Menozzi, P. Sequeri, S. Morra, P. Benanti, A.
Zani e K. Appel.
Trata-se da
abordagem de um caminho realizado pela província dehoniana do norte da Itália que
havia dedicado a esse tema a “Semana de Formação Permanente” em
2018.
A redação
do Settimana News, 08-03-2020, apresenta o livro publicando a
introdução, escrita pelo teólogo e padre italiano Marcello Neri,
professor da Universidade de Flensburg, na Alemanha.
A tradução é
de Moisés Sbardelotto.
Eis o texto.
O alívio
histórico do pontificado de Francisco é frequentemente coberto
pelo zumbido dos murmúrios da oposição,
pelos disparos antiaéreos lançados pelos seus estrênuos defensores e pelo
desânimo daqueles que imaginavam uma repentina e verticalista transformação
dogmática e canônica do corpo da Igreja.
Na disposição
dos fronts que caracterizam hoje a Igreja Católica, o que corre o
risco de se perder é precisamente o senso histórico de um ministério petrino
determinado a fazer as contas evangelicamente com uma mudança de época que já
começou há muito tempo.
Porque o
ponto de ruptura em relação aos seus dois antecessores não está tanto, ou não
apenas, na visão da Igreja, mas, acima de tudo, na consciência
histórica do fim de alguns processos seculares e do início de outros
que estão levando a transformações profundas da socialidade humana e
da antropologia moderna.
Francisco age
e pensa a Igreja precisamente a partir dessa consciência incômoda: a modernidade, como
europeização do mundo e tudo o que isso inclui, já acabou há quase um século (P.
Prodi).
Com
essa modernidade, a Igreja instruíra uma relação dialética,
que fez a sua história configurando as suas principais instituições que a
marcaram e a moldaram.

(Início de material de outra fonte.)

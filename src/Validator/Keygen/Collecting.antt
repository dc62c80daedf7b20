-- ===== src/Validator/Keygen/Collecting.antt =====
-- crates/validator/src/state/keygen.rs: the round of commitments.
use shield_net.Prelude.{
  ℕ, Bool, true, false, not, ◌&&◌, Option, none, some, List, [], ◌∷◌, ◌++◌, ◌==◌, if◌then◌else◌,
  Map, insert, contains_key, length, saturating_add, as_u16,
}
use shield_net.Validator.Epoch.{EpochId}
use shield_net.Validator.Types.{
  B256, Opaque, Group, KeyGenCommitment, RolloverState, State, Action, Command, action, Transition,
  KeyGen, KeyGenCommitted,
}
use shield_net.Validator.Participation.{group_and_participants_tree}
use shield_net.Validator.Keygen.Ceremony.{start_key_gen, finalize_key_gen_commitments}

-- `deadline.map(|_| block.saturating_add(key_gen_timeout))`
abbrev pub fresh_deadline : Transition → ℕ → Option ℕ → Option ℕ
fresh_deadline t block none = none
fresh_deadline t block (some _) = some (saturating_add block t.key_gen_timeout)

-- `self.genesis.group().id()`; `none` is the panic of `group`.
unfoldable pub is_genesis_group : Transition → B256 → Bool
is_genesis_group t gid = elim (group_and_participants_tree t.keccak256 t.genesis) [
  | none ↦ false
  | some (group, tree) ↦ gid == group.id
]

abbrev pub is_waiting_for_genesis : RolloverState → Bool
is_waiting_for_genesis RolloverState.waiting_for_genesis = true
is_waiting_for_genesis _ = false

unfoldable pub handle_genesis_key_gen : Transition → State → KeyGen → State × List Command
unfolding is_genesis_group start_key_gen
handle_genesis_key_gen t s event =
    if is_waiting_for_genesis s.rollover && is_genesis_group t event.gid
    then start_key_gen t s EpochId.genesis t.genesis none
    else (s, [])

-- `deadline.map(|deadline| deadline.saturating_add(key_gen_timeout))`
abbrev pub extended_deadline : Transition → Option ℕ → Option ℕ
extended_deadline t none = none
extended_deadline t (some deadline) = some (saturating_add deadline t.key_gen_timeout)

abbrev pub set_rollover : State → RolloverState × List Command → State × List Command
set_rollover s (rollover, commands) = (record s { rollover = rollover }, commands)

abbrev pub prefixed : List Command → State × List Command → State × List Command
prefixed commands (s, more) = (s, commands ++ more)

-- The setup of the group that is collecting commitments.
unfoldable pub set_up :
    Transition
    → State
    → EpochId
    → Group
    → List B256
    → Map Opaque
    → Option ℕ
    → Opaque
    → State × List Command
unfolding finalize_key_gen_commitments
set_up t s epoch group poap commitments deadline secrets =
    let commands =
      if contains_key commitments t.account
      then []
      else action (
          Action.key_gen_and_commit group.root group.count group.threshold group.context poap
            (t.frost.commitment secrets) deadline)
        ∷ [] in
    if not (as_u16 (length commitments) == group.count)
    then (
      record s {
        rollover =
            RolloverState.collecting_commitments epoch group
              (KeyGenCommitment.participating poap (some secrets)) commitments deadline;
      },
      commands,
    )
    else prefixed commands (
        set_rollover s (
          finalize_key_gen_commitments t epoch group (some secrets) commitments
            (extended_deadline t deadline)))

unfoldable pub setup_in : Transition → State → B256 → Opaque → RolloverState → State × List Command
unfolding set_up
setup_in t s group_id secrets
      (RolloverState.collecting_commitments epoch group
        (KeyGenCommitment.participating poap none)
        commitments
        deadline) =
    if group_id == group.id
    then set_up t s epoch group poap commitments deadline secrets
    else (s, [])
setup_in t s group_id secrets _ = (s, [])

unfoldable pub handle_key_gen_setup : Transition → State → B256 → Opaque → State × List Command
unfolding setup_in
handle_key_gen_setup t s group_id secrets = setup_in t s group_id secrets s.rollover

abbrev pub insert_valid : Map Opaque → ℕ → Option Opaque → Map Opaque
insert_valid m participant none = m
insert_valid m participant (some v) = insert m participant v

-- All have committed: the round closes, unless this validator's own setup is still to come.
unfoldable pub close_commitments :
    Transition
    → State
    → ℕ
    → EpochId
    → Group
    → KeyGenCommitment
    → Map Opaque
    → Option ℕ
    → State × List Command
unfolding finalize_key_gen_commitments
close_commitments t s block epoch group KeyGenCommitment.observing commitments deadline =
    set_rollover s (
      finalize_key_gen_commitments t epoch group none commitments (fresh_deadline t block deadline))
close_commitments t s block epoch group (KeyGenCommitment.participating poap (some secrets))
      commitments deadline =
    set_rollover s (
      finalize_key_gen_commitments t epoch group (some secrets) commitments
        (fresh_deadline t block deadline))
close_commitments t s block epoch group (KeyGenCommitment.participating poap none) commitments
      deadline =
    (
      record s {
        rollover =
            RolloverState.collecting_commitments epoch group
              (KeyGenCommitment.participating poap none) commitments deadline;
      },
      [],
    )

unfoldable pub committed_in :
    Transition → State → ℕ → KeyGenCommitted → RolloverState → State × List Command
unfolding close_commitments
committed_in t s block event
      (RolloverState.collecting_commitments epoch group secrets commitments deadline) =
    let commitments' =
      insert_valid commitments event.participant
        (t.frost.verify_commitment event.participant event.commitment) in
    if group.id == event.gid
    then (if not (as_u16 (length commitments') == group.count)
        then (
          record s {
            rollover =
                RolloverState.collecting_commitments epoch group secrets commitments' deadline;
          },
          [],
        )
        else close_commitments t s block epoch group secrets commitments' deadline)
    else (s, [])
committed_in t s block event _ = (s, [])

unfoldable pub handle_key_gen_committed :
    Transition → State → ℕ → KeyGenCommitted → State × List Command
unfolding committed_in
handle_key_gen_committed t s block event = committed_in t s block event s.rollover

Em virtude dessa dialética, constitutiva e
constitucional ao mesmo tempo, o fim da modernidade também
significa chegar ao término de uma época da Igreja Católica.
O fim da
modernidade
Em suma, em
comparação com João Paulo II e Bento XVI, Francisco não
pensa e não age mais como se a modernidade ainda existisse; e, portanto, começa
a delinear uma visão da Igreja e do catolicismo coerente com a efetividade histórica dentro
da qual eles projetam a sua fidelidade ao evangelho do Reino e à criação
desejada por Deus. Fidelidade que não pode mais ser unívoca e uniforme, a mesma
e idêntica onde quer que a fé se encontre sendo vivida no cotidiano dos homens
e das mulheres de hoje.
Desde o
início, a adesão comum à história de Jesus, como presença palpável do cuidado incondicional de Deus pela criação e
pelas suas criaturas, pode ser efetivamente tal somente
na medida em que se despedaça em uma série de relatos constitutivamente abertos
sobre a retomada da fé e da sua imaginação, que os conjuga em contextos
culturais e sociais extremamente diferentes entre si.
A decisão
de Francisco é exatamente esta: apoiar a saída da Igreja
Católica da luta contra os moinhos de vento da modernidade,
reativando, no coração institucional da Igreja, a dinâmica original da notícia
evangélica de Deus. Por muito tempo, a condição histórica permitiu que o catolicismo
latino (aquele que se espalhou por todo o mundo) construísse um
aparato conceitual, institucional, canônico e pastoral que podia renunciar formalmente
ao corpo a corpo cotidiano com as Escrituras testemunhais.
O tempo novo
A intuição à
qual Francisco permanece firmemente ancorado não é apenas o
fato de que essa tática de ocultação não funciona mais, mas
que a sua reproposição em uma nova condição histórica faria com que a Igreja
Católica corresse o risco de se transformar em uma espécie de seita
eletiva, por um lado, e em um agrupamento caracterizado por uma etnia cultural,
por outro.
Tudo isso às
custas daquela destinação universal e hospitaleira da fé, que é a razão
(divina) da existência da Igreja Católica. Não há abertura, gesto,
intenção, processo, expectativa no ministério de Francisco que
não se enquadre no espaço luminoso desta persuasão fundamental: a hospitalidade
do divino cristão tem o dever de cuidar da justiça e da dignidade da existência
humana sobre a terra desejada por Deus – sem distinções e sem pré-seleções.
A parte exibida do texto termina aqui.